Page 1 of 1

Cant seem to get the right regex to match...

Posted: Thu Aug 13, 2009 12:15 pm
by ct_lee
I am trying to get regex to match my string which is:
&nbsp;&middot;&nbsp; <a href=\"http://www.link.ext/some-page/\" title=\"Title goes here\">
On some occasions there is content between the <a and the href part so i have used the regex:
.* <a .* href=\"
The code for my test program is in java as follows:

Code: Select all

public class test {
 
    public static void main( String[] arguments) {
        String test = "                                 &nbsp;&middot;&nbsp;                                                                    <a href=\"http://www.link.ext/some-page/\" title=\"Title goes here\">";
        if ( test.matches(".* <a .* href=\"") ) {
            System.out.println("matches");
        }
    }
 
}
Can anyone point out where i am going wrong or provide a solution to matching that example link?

Thanks.

Re: Cant seem to get the right regex to match...

Posted: Thu Aug 13, 2009 12:23 pm
by prometheuzz
It doesn't match for two reasons:
1 - String.matches() returns true if the the entire String is matched by the regex. Since your regex stops after href=\", it won't match the entire String. Try adding another DOT-STAR at the end of your regex;
2 - there are two spaces in this part of your regex: <a .* href (before and after the DOT-STAR) while there is only one space in your text.

Another thing, matching text with DOT-STAR should be avoided if you can. Be more specific where possible. So you shouldn't do:

Code: Select all

"<a .*href"
but rather:

Code: Select all

"<a\s[^>]*href"

Re: Cant seem to get the right regex to match...
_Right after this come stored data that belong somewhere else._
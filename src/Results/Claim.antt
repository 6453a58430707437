-- ===== src/Results/Claim.antt =====
-- pkg/protocol/frontier_claim.go: `AdmissionMode` and `FrontierClaim.Validate`.
use science_ladder.Base.{
  Bool, ◌||◌, not, Option, none, some, ltb, if◌then◌else◌, Bytes, text, is_empty, is_none, text_eq,
  length, Result, ok, err, message, ◌>>=◌, ◌>>◌, reject_if,
}
use science_ladder.Base.Int.{ℤ, ltb_ℤ}
use science_ladder.Ticks.{parse_ticks}
use science_ladder.Metric.{Metric}
use science_ladder.Score.{require}
use science_ladder.Digests.{valid_digest}
use science_ladder.Artifacts.{Unicode}
use science_ladder.Manifest.{Manifest, has_mode}
use science_ladder.Results.{ValidatorResult, Json, validate_result, validator_outcome}

pub record LocalQualification : Type 0 where
  pub checks_passed : Bool
  pub report_digest : Bytes
  pub estimated_score_ticks : Bytes
  pub reason : Bytes

pub record FrontierClaim : Type 0 where
  pub api_version : Bytes
  pub version_id : Bytes
  pub lock_digest : Bytes
  pub artifact_digest : Bytes
  pub mode : Bytes
  pub answer : Option ValidatorResult  -- result
  pub qualification : Option LocalQualification

abbrev pub qualification_mode : Bytes
qualification_mode = text "qualification"

unfoldable pub admission_mode : Manifest → Bytes
unfolding text_eq
admission_mode m =
    if text_eq m.suite.visibility (text "hidden") || has_mode (text "performance") m.evaluation
    then qualification_mode
    else text "frontier"

-- One bound of the domain; `outside` compares the estimate with it.
abbrev pub check_estimate : Bytes → (ℤ → Bool) → Result (Unit {0})
check_estimate bound outside =
    if is_empty bound
    then ok tt
    else do require (parse_ticks bound) outside (message "estimate outside metric domain"); ok tt

abbrev pub bad_qualification : LocalQualification → Bool
bad_qualification q =
    not q.checks_passed
    || not (valid_digest q.report_digest)
    || ltb (length q.reason) 20
    || ltb 2000 (length q.reason)

unfoldable pub validate_qualification :
    Metric → Option ValidatorResult → Option LocalQualification → Result Bytes
unfolding valid_digest parse_ticks
validate_qualification m answer none =
    err (message "successful local qualification, report digest and measurement rationale required")
validate_qualification m answer (some q) = do
  reject_if (not (is_none answer) || bad_qualification q)
      (message "successful local qualification, report digest and measurement rationale required")
  x ← parse_ticks q.estimated_score_ticks
  check_estimate m.domain_min_ticks (λ v. ltb_ℤ x v)
  check_estimate m.domain_max_ticks (λ v. ltb_ℤ v x)
  ok q.estimated_score_ticks

unfoldable pub validate_frontier :
    Unicode → Json → Manifest → Option ValidatorResult → Option LocalQualification → Result Bytes
unfolding validate_result validator_outcome text_eq
validate_frontier u json m none q = err (message "local validator result required")
validate_frontier u json m (some answer) q = do
  reject_if (not (is_none q)) (message "local validator result required")
  content ← json.marshal answer
  (r, ticks) ← validate_result u json content m
  reject_if (not (text_eq (validator_outcome r) (text "valid")))
      (message "all local correctness gates must pass")
  ok ticks

unfoldable pub validate_claim : Unicode → Json → FrontierClaim → Manifest → Result Bytes
unfolding admission_mode validate_qualification validate_frontier valid_digest text_eq
validate_claim u json c m =
    let qualified = validate_qualification m.metric c.answer c.qualification in
    let ranked = validate_frontier u json m c.answer c.qualification in
    do
      reject_if
          (not (text_eq c.api_version (text "science-ladder/frontier-claim/v1"))
            || is_empty c.version_id
            || not (valid_digest c.lock_digest)
            || not (valid_digest c.artifact_digest)
            || not (text_eq c.mode (admission_mode m)))
          (message "claim version, digests or admission mode invalid")
      (if text_eq c.mode qualification_mode then qualified else ranked)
Posted: Thu Aug 13, 2009 12:42 pm
by ct_lee
prometheuzz wrote:It doesn't match for two reasons:
1 - String.matches() returns true if the the entire String is matched by the regex. Since your regex stops after href=\", it won't match the entire String. Try adding another DOT-STAR at the end of your regex;
2 - there are two spaces in this part of your regex: <a .* href (before and after the DOT-STAR) while there is only one space in your text.
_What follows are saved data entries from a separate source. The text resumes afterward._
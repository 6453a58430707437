-- ===== src/Results/Measured.antt =====
-- pkg/protocol/measurement.go: `ConfirmMeasuredRuns` and `ValidateMeasuredFixture`.
use science_ladder.Base.{
  Bool, false, ◌||◌, not, Option, none, some, [], if◌then◌else◌, Bytes, text, is_some, text_eq,
  Result, ok, err, message, fault, ◌>>=◌, ◌>>◌, reject_if,
}
use science_ladder.Ticks.{parse_ticks}
use science_ladder.Decimal.{Rat, ltb_ℚ}
use science_ladder.Artifacts.{Unicode}
use science_ladder.Evaluation.{measurement_number}
use science_ladder.Evaluation.Contract.{EvaluationContract}
use science_ladder.Evaluation.Values.{used}
use science_ladder.Timing.Policy.{MeasurementPolicy, one}
use science_ladder.Timing.Summary.{TimingEvidence, TimingSummary}
use science_ladder.Manifest.{Manifest, Fixture, has_mode}
use science_ladder.Manifest.Profile.{is_v2}
use science_ladder.Manifest.Ranking.{is_less}
use science_ladder.Results.{RunReceipt, Json}
use science_ladder.Results.Evidence.{validate_run_measurement_evidence, typed_result}

abbrev pub policy_of : Option EvaluationContract → Option MeasurementPolicy
policy_of none = none
policy_of (some e) = e.measurement

abbrev pub has_policy : Option EvaluationContract → Bool
has_policy e = is_some (policy_of e)

-- `r.ValidatorResult.Timing.Summary`; without timings that is a nil dereference.
abbrev pub summary_of : Option TimingEvidence → Result TimingSummary
summary_of none = err fault
summary_of (some t) = ok t.summary

unfoldable pub timing_summary : RunReceipt → Result TimingSummary
timing_summary run = do typed ← typed_result run; summary_of typed.timing

unfoldable pub ratio : Bytes → Result Rat
unfolding measurement_number
ratio value = used (measurement_number value (text "rational"))

-- The four ratios are read before the comparisons here; evidence that is accepted has them all.
unfoldable pub confirm_measured_runs :
    Unicode → Json → RunReceipt → RunReceipt → Manifest → Result Bytes
unfolding validate_run_measurement_evidence timing_summary ratio parse_ticks text_eq
confirm_measured_runs u json a b m = do
  reject_if
      (not (is_v2 m.api_version)
        || not (has_policy m.evaluation)
        || not (has_mode (text "performance") m.evaluation)
        || not (text_eq a.outcome (text "valid"))
        || not (text_eq b.outcome (text "valid")))
      (message "valid measured repeats required")
  validate_run_measurement_evidence u json a m
  validate_run_measurement_evidence u json b m
  x ← timing_summary a
  y ← timing_summary b
  xl ← ratio x.lower_ratio
  xu ← ratio x.upper_ratio
  yl ← ratio y.lower_ratio
  yu ← ratio y.upper_ratio
  reject_if (ltb_ℚ yu xl || ltb_ℚ xu yl) (message "fresh timing intervals do not overlap")
  ok (
      if is_less (parse_ticks a.score_ticks) (parse_ticks b.score_ticks)
      then a.score_ticks
      else b.score_ticks)

-- A baseline run must not look faster or slower than itself.
unfoldable pub check_bias : RunReceipt → Result (Unit {0})
unfolding timing_summary ratio
check_bias run = do
  s ← timing_summary run
  lo ← ratio s.lower_ratio
  hi ← ratio s.upper_ratio
  reject_if (ltb_ℚ one lo || ltb_ℚ hi one)
      (message "baseline self-comparison shows measurement bias")

abbrev pub is_reference : Bytes → Option MeasurementPolicy → Bool
is_reference digest none = false
is_reference digest (some p) = text_eq digest p.baseline_digest

unfoldable pub check_baseline_runs : RunReceipt → RunReceipt → Manifest → Result (Unit {0})
unfolding check_bias text_eq
check_baseline_runs a b m = do
  reject_if (not (is_reference a.artifact_digest (policy_of m.evaluation)))
      (message "baseline fixture is not the frozen reference program")
  check_bias a
  check_bias b

unfoldable pub validate_measured_fixture :
    Unicode → Json → RunReceipt → RunReceipt → Manifest → Fixture → Result Bytes
unfolding confirm_measured_runs check_baseline_runs text_eq
validate_measured_fixture u json a b m f =
    let measured = (do
      score ← confirm_measured_runs u json a b m
      (if text_eq f.name (text "baseline") then check_baseline_runs a b m else ok tt)
      ok score) in
    do
      reject_if
          (not (text_eq a.outcome f.expected_outcome)
            || not (text_eq b.outcome a.outcome)
            || not (text_eq a.artifact_digest b.artifact_digest))
          (message "fixture outcome or artifact changed")
      (if text_eq a.outcome (text "valid") then measured else ok [])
Another thing, matching text with DOT-STAR should be avoided if you can. Be more specific where possible. So you shouldn't do:

Code: Select all

"<a .*href"
but rather:

Code: Select all

"<a\s[^>]*href"
1. I had tried something like that in earlyer examples but still didnt get any success.
2. Thats because some links i am going through start the tag with <a id="1234abc" href="...
3. I had read it was greedy with memory using .* but just for getting used to regex i would use something simple but thanks for the tip.

I tried to use:

Code: Select all

"<a\s[^>]*href"
When i tried to compile my program i got an error saying i had an illegal escape character which pointed to the \s part of the regex string.

Any ideas?

edit:
In java i think i have to use \\s instead of \s ?... I used the code below and it didnt match.

Code: Select all

public class test {
 
    public static void main( String[] arguments) {
        String test = "                                 &nbsp;&middot;&nbsp;                                                                    <a href=\"http://www.link.ext/some-page/\" title=\"Title goes here\">";
        if ( test.matches("<a \\s[^>]*href") ) {
            System.out.println("matches");
        }
    }
 
}

Re: Cant seem to get the right regex to match...

Posted: Thu Aug 13, 2009 12:46 pm
by prometheuzz
ct_lee wrote:
prometheuzz wrote:It doesn't match for two reasons:
1 - String.matches() returns true if the the entire String is matched by the regex. Since your regex stops after href=\", it won't match the entire String. Try adding another DOT-STAR at the end of your regex;
2 - there are two spaces in this part of your regex: <a .* href (before and after the DOT-STAR) while there is only one space in your text.

Another thing, matching text with DOT-STAR should be avoided if you can. Be more specific where possible. So you shouldn't do:

Code: Select all

"<a .*href"
but rather:

Code: Select all

"<a\s[^>]*href"
1. I had tried something like that in earlyer examples but still didnt get any success.
2. Thats because some links i am going through start the tag with <a id="1234abc" href="...
3. I had read it was greedy with memory using .* but just for getting used to regex i would use something simple but thanks for the tip.

I tried to use:

Code: Select all

"<a\s[^>]*href"
When i tried to compile my program i got an error saying i had an illegal escape character which pointed to the \s part of the regex string.

Any ideas?
Inside a String literal, you need to add an extra backslash, so it's not \s but \\s
Also note my remarks from point 1.

Re: Cant seem to get the right regex to match...

Posted: Thu Aug 13, 2009 12:46 pm
by prometheuzz

Code: Select all

test.matches(".*<a\\s[^>]*href=\".*")

Re: Cant seem to get the right regex to match...

Posted: Thu Aug 13, 2009 1:12 pm
by ct_lee
prometheuzz wrote:

Code: Select all

test.matches(".*<a\\s[^>]*href=\".*")
I had just figured that i had missed that before i read your post, thank you very much for your help.

Re: Cant seem to get the right regex to match...

Posted: Thu Aug 13, 2009 1:13 pm
by prometheuzz
ct_lee wrote:
prometheuzz wrote:

Code: Select all

test.matches(".*<a\\s[^>]*href=\".*")
I had just figured that i had missed that before i read your post, thank you very much for your help.
No problem.